The medical schools will find the role of ‘change leader’ difficult because they select, encourage and perpetuate these undesirable norms.23 What is less obvious, but equally logical, is that the majority of the medical profession, who have been trained in medical schools, with these behaviours and reflect that training, may also struggle to lead the change, although it may be possible with support.7,24 This potentially sweeping exclusion of change leaders would automatically include the GMC, whose track record in this area is at best inconsistent, having attempted a complete U-turn in the last 21 years.
In the absence of the professional groups putting their heads together the problems of reporting poor care have not gone away but have possibly multiplied, as predicted by the Lancet at the time of the GMC verdicts on the Bristol doctors.3,25 The prediction was inevitable without a serious change of attitudes at the top of the profession. In view of this professional intransigence, we would add the British Medical Association (BMA) Council to those from whom leadership in this area should not be expected without some difficulty. Like the professional members of the GMC, the BMA Council is elected by the profession and is therefore not likely to support reporters of poor care.9,19 The logic is two-fold. First, the BMA is representative of the profession, made up of doctors trained in medical schools, where whistleblowing is covertly discouraged; and second, the obligation elected and appointed members may feel to their professional colleagues will conflict with empathy for a whistleblower.9 Therefore the BMA leadership is unlikely to lead change in supporting poor care reporters, who are reviled by sections of the profession.2,26 This applies particularly to reporters in situations 2 and 3, involved in reporting a colleague's performance. A counter argument is that some groups within the BMA, most notably the BMA in Scotland, have produced constructive suggestions for encouraging medical whistleblowing. The most important of these is a retrospective review of responses to cases where doctors have spoken out and is one way forward.
The way forward
After excluding these groups, who is left to deal with reports of poor patient care? The answer should include some doctors with knowledge and experience in the area and patient and community representatives along the lines of Institutional Research Ethics Committees. Those acknowledged as most representative of their constituents, elected members of the House of Commons, have recognized the problem for a very long time. The comments of Members of Parliament have so far been supportive of clinical standards and whistleblowing in relation to orthopaedic specialists and complication rates in UK Treatment Centres (see pages 5 and 6 of http://www.official-documents.gov.uk/document/cm77/7709/7709.pdf) and patient safety.3 These exposures of lower standards of clinical outcomes in non-NHS hospitals indicate the difficulties associated with clinicians working in unrelated healthcare providers (e.g. private and NHS hospitals). These observations also add considerable weight to the inclusion of publicly elected and appointed professional and lay representatives, with no perceived conflict of interest, to those handling reported poor care. It would be necessary to resource and train these groups to review reports of poor care brought to them on behalf of healthcare professionals (including doctors), patients and their relatives so that equable and fair review without punitive retaliation against the reporter could be achieved to improve the quality of services irrespective of their source (NHS hospital, primary care, treatment centres or private providers) or their provenance (medical, healthcare or patient-related sources).

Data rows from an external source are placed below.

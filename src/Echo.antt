-- ===== src/Echo.antt =====
-- The echo service: Assignment_1/server.c and client.c.
mod Defs
pub mod Lines
pub mod Sockets
pub mod Session
mod Tests
pub use Defs.*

These groups should help to change the culture of the profession and could identify potential vexatious whistleblowers at an early stage.14
Our recommendations are firstly that the profession, through the GMC or BMA Council, should commission a Consultation Group on Reporting Poor Care. This Group will examine the consequences to all parties from incidents of reported poor care. Second, the Government should consider establishing a Health Select Committee Review of Whistleblowing that would make impartial recommendations to Government and the profession. Third, the Government should consider setting up and resourcing a National Whistleblowing Centre similar to that in the US. We believe that only by open public scrutiny will constructive change be cemented into exemplary clinical practice.
One question to answer
The question that individual medical professionals must answer is ‘Which doctor would you prefer for your relatives or yourself? A doctor that is prepared to report poor care to improve your, or your relatives outcome, or one that is not prepared to do so regardless of the consequences to your relative or yourself?’ When the profession can truthfully answer that question they will be able to put in place the necessary structures for change.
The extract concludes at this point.